In the framework there are 2 unpredictable errors which are: IOException, and SocketTimeoutException. For obvious reasons (The website may be offline, and/or under maintenance)
Thing is: In a specific website (THIS one) I get random IOExceptions all the time. I tried predicting it, but I still don't know why I'm getting this error.
I figured it was from bombing it with requests during test phase. It is not, since in 2 or 3 days without sending another requisition it still throws me the error.
In a nutshell: The site do not require authentication, and it randomly throws 403. RANDOMLY
Since 403 can be multiple different errors, I'd like to see what is the specific problem with my application.
If I could get which 403 it i, I could try and work around it. (403.1, 403.2, ..., 403.n)
//If you guys want the code, it's a basic Jsoup get.
//(I have also tried it with native API,
//and still get the same random 403 errors)

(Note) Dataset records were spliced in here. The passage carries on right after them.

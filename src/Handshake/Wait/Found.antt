-- ===== src/Handshake/Wait/Found.antt =====
-- How the wait ends: with a device of a known boot transport, at the deadline, or with what pyusb
-- raised.
use oukitel_rt7_linux.Prelude.{
  ℕ, zero, suc, ◌+◌, ◌-◌, ◌≤◌, ◌<◌, ◌≡◌, refl, ap, ◌∙◌, true, false, List, [], ◌∷◌, ◌++◌, Option,
  none, some, Result, ok, err, ltb, contains, nat_eq, arith, All, ◌⊎◌, Option-cases, Bool-cases,
  inl, inr,
}
use oukitel_rt7_linux.Prelude.Exec.{◌>>=◌}
use oukitel_rt7_linux.Handshake.Usb.{
  Usb, Device, World, IsTimed, found_devices, call, find_devices, timeout_error, Exception,
}
use oukitel_rt7_linux.Handshake.Wait.{
  vid_mediatek, transport_pids, first_match, matching, wait_loop, wait_for_transport,
}

-- A device of the vendor, of one of the products of a boot transport.
pub record IsTransport (d : Device) : Type 0 where
  pub vendor : d.id_vendor ≡ vid_mediatek
  pub product : contains transport_pids d.id_product ≡ true

first_match-All :
    (P : Device → Type 0) (ds : List Device) (d : Device)
    → All P ds
    → first_match ds ≡ some d
    → P d × (contains transport_pids d.id_product ≡ true)
unfolding first_match
first_match-All P [] d all h = cc
first_match-All P (x ∷ ds) d all h = elim (Bool-cases (contains transport_pids x.id_product)) [
  | inl e ↦
      let same : x ≡ d = ground arith in
      let both : P x × (contains transport_pids x.id_product ≡ true) = (all.0, e) in rw same at both
  | inr e ↦ first_match-All P ds d all.1 (rw e at h)
]

module _ (usb : Usb) where
  -- An enumeration that began at a time before the deadline, and left the bus as it is.
  pub record Enumerates (deadline : ℕ) (r : Result Exception (List Device)) (after : usb.Bus)
      : Type 0 where
    pub bus : usb.Bus
    pub in_time : usb.monotonic bus < deadline
    pub gave : (usb.find vid_mediatek bus).0 ≡ r
    pub left : (usb.find vid_mediatek bus).1 ≡ after

  -- The device is the first transport of an enumeration that began before the deadline.
  pub record Finds (deadline : ℕ) (d : Device) (after : usb.Bus) : Type 0 where
    pub devices : List Device
    pub enumerated : Enumerates deadline (ok devices) after
    pub first : first_match devices ≡ some d
    pub transport : IsTransport d

  -- What a wait may end with.
  abbrev pub Ended : ℕ → ℕ → Result Exception (Option Device) × World usb.Bus → Type 0
  Ended deadline timeout (ok none, w) = ⊥
  Ended deadline timeout (ok (some d), w) = Finds deadline d w.bus
  Ended deadline timeout (err e, w) =
      ((e ≡ timeout_error timeout) × (deadline ≤ usb.monotonic w.bus))
      ⊎ Enumerates deadline (err e) w.bus

  abbrev pub after_poll : World usb.Bus → World usb.Bus
  after_poll w = record w {
    bus = (usb.find vid_mediatek w.bus).1;
    trace = w.trace ++ find_devices vid_mediatek ∷ [];
  }

  abbrev pub after_sleep : ℕ → World usb.Bus → World usb.Bus
  after_sleep interval w = record w { bus = usb.sleep interval w.bus }

  module _ (deadline timeout interval fuel : ℕ) (w : World usb.Bus) where
    pub wait_loop_late :
        ltb (usb.monotonic w.bus) deadline ≡ false
        → wait_loop usb (suc fuel) deadline timeout interval w ≡ (err (timeout_error timeout), w)
    unfolding wait_loop
    wait_loop_late late = ground arith

    pub wait_loop_raised :
        (e : Exception)
        → ltb (usb.monotonic w.bus) deadline ≡ true
        → matching (usb.find vid_mediatek w.bus).0 ≡ err e
        → wait_loop usb (suc fuel) deadline timeout interval w ≡ (err e, after_poll w)
    unfolding wait_loop ◌>>=◌ call
    wait_loop_raised e early raised = ground arith

    pub wait_loop_found :
        (d : Device)
        → ltb (usb.monotonic w.bus) deadline ≡ true
        → matching (usb.find vid_mediatek w.bus).0 ≡ ok (some d)
        → wait_loop usb (suc fuel) deadline timeout interval w ≡ (ok (some d), after_poll w)
    unfolding wait_loop ◌>>=◌ call
    wait_loop_found d early found = ground arith

    pub wait_loop_again :
        ltb (usb.monotonic w.bus) deadline ≡ true
        → matching (usb.find vid_mediatek w.bus).0 ≡ ok none
        → wait_loop usb (suc fuel) deadline timeout interval w
          ≡ wait_loop usb fuel deadline timeout interval (after_sleep interval (after_poll w))
    unfolding wait_loop ◌>>=◌ call
    wait_loop_again early found = ground arith

  -- What an enumeration that was begun in time gives is found in time.
  found-Finds :
      IsTimed usb
      → (deadline : ℕ) (bus : usb.Bus) (devices : List Device) (d : Device)
      → usb.monotonic bus < deadline
      → (usb.find vid_mediatek bus).0 ≡ ok devices
      → first_match devices ≡ some d
      → Finds deadline d (usb.find vid_mediatek bus).1
  found-Finds timed deadline bus devices d early gave first =
      let vendors : All (λ (d : Device). d.id_vendor ≡ vid_mediatek) (found_devices (ok devices)) =
        rw gave at (timed.find_vendor vid_mediatek bus) in
      let (vendor, product) =
        first_match-All (λ d. d.id_vendor ≡ vid_mediatek) devices d vendors first in
      record {
        devices = devices;
        enumerated = record { bus = bus; in_time = early; gave = gave; left = refl };
        first = first;
        transport = record { vendor = vendor; product = product };
      }

  Result-cases :
      (r : Result Exception (List Device))
      → ((devices : List Device) × (r ≡ ok devices)) ⊎ ((e : Exception) × (r ≡ err e))
  Result-cases (ok devices) = inl (devices, refl)
  Result-cases (err e) = inr (e, refl)

  module _ (timed : IsTimed usb) (deadline timeout interval : ℕ) (positive : 0 < interval) where
    -- The fuel is more than the time that is left, and each round takes some.
    left_less :
        (fuel : ℕ) (w : World usb.Bus)
        → usb.monotonic w.bus < deadline
        → deadline - usb.monotonic w.bus < suc fuel
        → deadline - usb.monotonic (after_sleep interval (after_poll w)).bus < fuel
    left_less fuel w early enough =
        let later = timed.find_later vid_mediatek w.bus in
        let slept = timed.sleep_later interval (after_poll w).bus in omega arith

    wait_loop-Ended :
        (fuel : ℕ) (w : World usb.Bus)
        → deadline - usb.monotonic w.bus < fuel
        → Ended deadline timeout (wait_loop usb fuel deadline timeout interval w)
    wait_loop-Ended zero w enough = absurd (omega arith)
    wait_loop-Ended (suc fuel) w enough = elim (Bool-cases (ltb (usb.monotonic w.bus) deadline)) [
      | inr late ↦
          rw (wait_loop_late deadline timeout interval fuel w late) (inl (refl, ground arith))
      | inl early ↦
          let in_time : usb.monotonic w.bus < deadline = ground arith in
          elim (Result-cases (usb.find vid_mediatek w.bus).0) [
            | inr (e, raised) ↦
                rw (wait_loop_raised deadline timeout interval fuel w e early (ap matching raised))
                  (inr (record { bus = w.bus; in_time = in_time; gave = raised; left = refl }))
            | inl (devices, gave) ↦ elim (Option-cases (first_match devices)) [
              | inr (d, first) ↦
                  rw
                    (wait_loop_found deadline timeout interval fuel w d early
                      (ap matching gave ∙ ap ok first))
                    (found-Finds timed deadline w.bus devices d in_time gave first)
              | inl nothing ↦
                  rw
                    (wait_loop_again deadline timeout interval fuel w early
                      (ap matching gave ∙ ap ok nothing))
                    (wait_loop-Ended fuel (after_sleep interval (after_poll w))
                      (left_less fuel w in_time enough))
            ]
          ]
    ]

  -- If the clock does not go backwards, sleeps take as long as was asked at least, and the interval
  -- is positive, the wait never runs out of fuel: it gives the first device of a boot transport in
  -- its last enumeration, which began before the deadline, or it times out once the deadline has
  -- come, or it raises what such an enumeration raised.
  pub wait_for_transport-Ended :
      IsTimed usb
      → (timeout interval : ℕ) → 0 < interval
      → (w : World usb.Bus)
      → Ended (usb.monotonic w.bus + timeout) timeout (wait_for_transport usb timeout interval w)
  unfolding wait_for_transport
  wait_for_transport-Ended timed timeout interval positive w =
      wait_loop-Ended timed (usb.monotonic w.bus + timeout) timeout interval positive (suc timeout)
        w (omega arith)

//Note that I also tried it with no redirection, and still get the error
Document doc = Jsoup
.connect("http://www.agoramt.com.br/")
.timeout(60000)
.followRedirects(true)
.get();
//You may criticize about the code. But this specific line is the one
//that throws the error. And it doesn't randomly do that to other 3k
//site connections. That's why I want to get the specifics from the 403
Upvotes: 1
Views: 390
Reputation: 60958
I have little idea what Jsoup is, but I suggest you read up on HttpURLConnection.getErrorStream(). This method will allow you to read the error document. Access to the header fields of the error document should be possible after a failed connection as well, the way you usually access header fields. Together, these two (body and header) will provide you with all the information which the server supplies.
Upvotes: 0
Reputation: 9905
To piggy-back on what a couple others have said, is it possible your crawler is being recognized and treated as a network scanner or penetration tool?
Upvotes: 0
Reputation: 2841
In the design of a webcrawler, unexpected outages and error codes should be accounted for.
Keep a queue of sites that had a failure last time so that after a period of time, the webcrawler can retry the request.
Upvotes: 1
Reputation: 81
maybe try adding index.php to the end (or what ever the main homepage for the site is.. index.html, etc..)

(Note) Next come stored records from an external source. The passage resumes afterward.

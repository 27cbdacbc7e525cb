-- ===== src/Handshake/Traffic.antt =====
-- The calls of scripts/probe-mtk-handshake.py to pyusb that are allowed, and that single calls keep to them.
pub mod Setup
pub mod Rounds
pub mod Whole
use oukitel_rt7_linux.Prelude.{
  ℕ, zero, suc, ◌+◌, ◌≡◌, ◌⊎◌, inl, inr, refl, Bool, true, false, List, [], ◌∷◌, ◌++◌, Option, none,
  some, Result, ok, err, ltb, All, All-append, contains, nat_eq, Bool-cases, Option-cases,
  if◌then◌else◌, arith,
}
use oukitel_rt7_linux.Prelude.Exec.{
  Keeps, Keeps-pure, Keeps-raise, Keeps-bind, Keeps-attempt, ◌>>=◌, attempt, continue, pure, raise,
  lift, ◌>>◌,
}
use oukitel_rt7_linux.Python.Text.{Text, text, has_infix}
use oukitel_rt7_linux.Python.Bytes.{Bytes}
use oukitel_rt7_linux.Handshake.Usb.{
  Usb, World, Probe, Call, Line, Exception, Device, Configuration, Interface, call, print,
  bulk_write, control, usb_error, runtime_error, timeout_error, not_implemented, find_devices,
  get_configuration, set_configuration, driver_active, detach_driver, claim, bulk_read,
}
use oukitel_rt7_linux.Handshake.Endpoints.{EndpointPair, find_endpoint_pair}
use oukitel_rt7_linux.Handshake.Wait.{
  vid_mediatek, first_match, poll, sleep, wait_loop, wait_for_transport,
}
use oukitel_rt7_linux.Handshake.Wait.Found.{
  after_poll, after_sleep, wait_loop_late, wait_loop_found, wait_loop_again,
}
use oukitel_rt7_linux.Handshake.Sync.{
  start_command, exchange, judge, report, sync_byte, sync_loop, run_handshake,
}
use oukitel_rt7_linux.Handshake.Probe.{
  Platform, line_coding, load_backend, enable_usbdk, get_active, or_configure,
  prepare_configuration, print_summary, detach_if, release_driver, ignore_usb, claim_interface,
  print_control, send_control, configure_cdc, exit_code, probe_device, probe_found, try_probe,
  exit_of, main,
}

-- A control transfer of `configure_cdc`.
abbrev pub IsCdc : ℕ → ℕ → ℕ → ℕ → Bytes → Type 0
IsCdc kind request value index payload =
    (kind ≡ 0x21)
    × (index ≡ 0)
    × (((request ≡ 0x20) × (value ≡ 0) × (payload ≡ line_coding))
        ⊎ ((request ≡ 0x01) × (value ≡ 2) × (payload ≡ [])))

-- A call that the probe may make: no bulk write but of one start byte, and no control transfer but
-- the two that set up the line.
abbrev pub IsProbeCall : Call → Type 0
IsProbeCall (bulk_write _ bytes) =
    (value : ℕ) × (bytes ≡ value ∷ []) × (contains start_command value ≡ true)
IsProbeCall (control kind request value index payload) = IsCdc kind request value index payload
IsProbeCall _ = Unit

module _ (usb : Usb) where
  abbrev pub OnlyProbes : World usb.Bus → Type 0
  OnlyProbes w = All IsProbeCall w.trace

  module _ {A : Type 0} where
    pub call-OnlyProbes :
        (c : Call) (operation : usb.Bus → Result Exception A × usb.Bus)
        → IsProbeCall c
        → Keeps OnlyProbes (call usb c operation)
    unfolding call
    call-OnlyProbes c operation h = record {
      keeps = λ w k. All-append IsProbeCall w.trace (c ∷ []) k (h, tt);
    }

  pub print-OnlyProbes : (line : Line) → Keeps OnlyProbes (print usb line)
  unfolding print
  print-OnlyProbes line = record { keeps = λ w k. k }

  pub sleep-OnlyProbes : (interval : ℕ) → Keeps OnlyProbes (sleep usb interval)
  unfolding sleep
  sleep-OnlyProbes interval = record { keeps = λ w k. k }

  pub poll-OnlyProbes : Keeps OnlyProbes (poll usb)
  unfolding poll
  poll-OnlyProbes = call-OnlyProbes _ _ tt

I am unsure if this will help solve your problem however. I use a Connection class that I found somewhere, which basicly says as one of the posts above said (emulates the Headers of a web browser, so say... it appears like it is coming from FireFox, instead of what ever the java default is).
I guess it is worth a shot.
Upvotes: 0
Reputation: 503
It could be a faulty internet connection at the site, it could have code to try to stop spiders. There could be a weird proxy server in the way.
Upvotes: 0
Reputation: 2425
A server may return a 403 on a whim. You are not expected to resolve this on your end except to respect the server's wishes not to let you in. You may try to read the response body for details provided by the server, but that's probably all you'll get. The 403.n error codes you are looking for, I believe, is an IIS-specific feature and the site you pointed out seems to be serving with nginx, so don't expect to get those.

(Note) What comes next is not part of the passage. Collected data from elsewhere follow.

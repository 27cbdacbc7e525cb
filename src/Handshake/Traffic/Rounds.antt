-- ===== src/Handshake/Traffic/Rounds.antt =====
-- The handshake and the wait keep to the calls that are allowed.
use oukitel_rt7_linux.Prelude.{
  ℕ, zero, suc, ◌+◌, ◌≡◌, ◌⊎◌, List, some, none, ap, inl, inr, refl, Bool, true, false, [], ◌∷◌,
  Result, ok, err, ltb, All, All-append, contains, nat_eq, Bool-cases, Option-cases, if◌then◌else◌,
}
use oukitel_rt7_linux.Prelude.Exec.{Keeps, Keeps-pure, Keeps-raise, Keeps-bind, Keeps-attempt, pure}
use oukitel_rt7_linux.Python.Bytes.{Bytes}
use oukitel_rt7_linux.Handshake.Usb.{Usb, Device, Exception, usb_error, find_devices}
use oukitel_rt7_linux.Handshake.Endpoints.{EndpointPair}
use oukitel_rt7_linux.Handshake.Wait.{
  vid_mediatek, first_match, matching, wait_loop, wait_for_transport,
}
use oukitel_rt7_linux.Handshake.Wait.Found.{
  after_poll, after_sleep, wait_loop_late, wait_loop_raised, wait_loop_found, wait_loop_again,
}
use oukitel_rt7_linux.Handshake.Sync.{
  start_command, exchange, report, sync_byte, sync_loop, run_handshake,
}
use oukitel_rt7_linux.Handshake.Traffic.{IsProbeCall, OnlyProbes, call-OnlyProbes, print-OnlyProbes}

module _ (usb : Usb) where
  ruleset rules = (Keeps-pure, Keeps-raise, Keeps-bind, Keeps-attempt, print-OnlyProbes)

  module _ (pair : EndpointPair) where
    pub exchange-OnlyProbes :
        (value : ℕ)
        → contains start_command value ≡ true
        → Keeps (OnlyProbes usb) (exchange usb pair value)
    unfolding exchange
    exchange-OnlyProbes value known =
        Keeps-bind (OnlyProbes usb) _ _ (call-OnlyProbes usb _ _ (value, refl, known)) λ n.
          Keeps-bind (OnlyProbes usb) _ _ (call-OnlyProbes usb _ _ tt)
            (λ echo. Keeps-pure (OnlyProbes usb) (n, echo))

    pub report-OnlyProbes :
        (index value : ℕ) (r : Result Exception (ℕ × Bytes))
        → Keeps (OnlyProbes usb) (report usb pair index value r)
    report-OnlyProbes index value (ok (n, echo)) = search rules
    report-OnlyProbes index value (err (usb_error message)) = search rules
    report-OnlyProbes index value (err _) = search rules

    pub sync_byte-OnlyProbes :
        (index value : ℕ)
        → contains start_command value ≡ true
        → Keeps (OnlyProbes usb) (sync_byte usb pair index value)
    unfolding sync_byte
    sync_byte-OnlyProbes index value known =
        Keeps-bind (OnlyProbes usb) _ _
          (Keeps-attempt (OnlyProbes usb) _ (exchange-OnlyProbes value known))
          (report-OnlyProbes index value)

    pub sync_loop-OnlyProbes :
        (index : ℕ) (bytes : Bytes)
        → All (λ value. contains start_command value ≡ true) bytes
        → Keeps (OnlyProbes usb) (sync_loop usb pair index bytes)
    unfolding sync_loop
    sync_loop-OnlyProbes index [] h = search rules
    sync_loop-OnlyProbes index (value ∷ rest) h =
        Keeps-bind (OnlyProbes usb) _ _ (sync_byte-OnlyProbes index value h.0)
          (go_on (sync_loop-OnlyProbes (index + 1) rest h.1))
      where
        go_on :
            Keeps (OnlyProbes usb) (sync_loop usb pair (index + 1) rest)
            → (good : Bool)
            → Keeps
                (OnlyProbes usb)
                (if good then sync_loop usb pair (index + 1) rest else pure false)
        go_on more true = more
        go_on more false = Keeps-pure (OnlyProbes usb) false

    pub run_handshake-OnlyProbes : Keeps (OnlyProbes usb) (run_handshake usb pair)
    unfolding run_handshake contains
    run_handshake-OnlyProbes =
        sync_loop-OnlyProbes 1 start_command (refl, (refl, (refl, (refl, tt))))

  -- An enumeration raised, found a device or found none.
  matching-cases :
      (r : Result Exception (List Device))
      → ((e : Exception) × (matching r ≡ err e))
        ⊎ (((d : Device) × (matching r ≡ ok (some d))) ⊎ (matching r ≡ ok none))
  matching-cases (err e) = inl (e, refl)
  matching-cases (ok devices) = elim (Option-cases (first_match devices)) [
    | inl nothing ↦ inr (inr (ap ok nothing))
    | inr (d, e) ↦ inr (inl (d, ap ok e))
  ]

  pub wait_loop-OnlyProbes :
      (fuel deadline timeout interval : ℕ)
      → Keeps (OnlyProbes usb) (wait_loop usb fuel deadline timeout interval)
  wait_loop-OnlyProbes zero deadline timeout interval =
      unfold wait_loop in record { keeps = λ w h. h }
  wait_loop-OnlyProbes (suc fuel) deadline timeout interval = record {
    keeps = λ w h.
        let noted = All-append IsProbeCall w.trace (find_devices vid_mediatek ∷ []) h (tt, tt) in
        let polled = usb.find vid_mediatek w.bus in
        elim (Bool-cases (ltb (usb.monotonic w.bus) deadline)) [
          | inr late ↦ rw (wait_loop_late usb deadline timeout interval fuel w late) h
          | inl early ↦ elim (matching-cases polled.0) [
            | inl (e, raised) ↦
                rw (wait_loop_raised usb deadline timeout interval fuel w e early raised) noted
            | inr found ↦ elim found [
              | inl (d, e) ↦
                  rw (wait_loop_found usb deadline timeout interval fuel w d early e) noted
              | inr e ↦ rw (wait_loop_again usb deadline timeout interval fuel w early e) (
                  (wait_loop-OnlyProbes fuel deadline timeout interval).keeps
                    (after_sleep usb interval (after_poll usb w)) noted)
            ]
          ]
        ];
  }

  pub wait_for_transport-OnlyProbes :
      (timeout interval : ℕ) → Keeps (OnlyProbes usb) (wait_for_transport usb timeout interval)
  unfolding wait_for_transport
  wait_for_transport-OnlyProbes timeout interval = record {
    keeps = λ w h.
        (wait_loop-OnlyProbes (suc timeout) (usb.monotonic w.bus + timeout) timeout interval).keeps
          w h;
  }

If your webcrawler randomly gets a 403 but a regular web browser (from the same IP) never gets a 403 then the best I could suggest is for you to make your webcrawler request headers look exactly like what a regular web browser would send. Whether that is proper behavior for a polite webcrawler is a different discussion.
Upvotes: 3
Reputation:
What the problem may be, is that there is a folder that you can get to, your program wants to read all the files on the site, but the webserver gives a 403 error, and will probably kill the socket. This is what i'm thinking, without code, I can't tell its a programmatical error or just the configuration of the webserver.
Upvotes: 0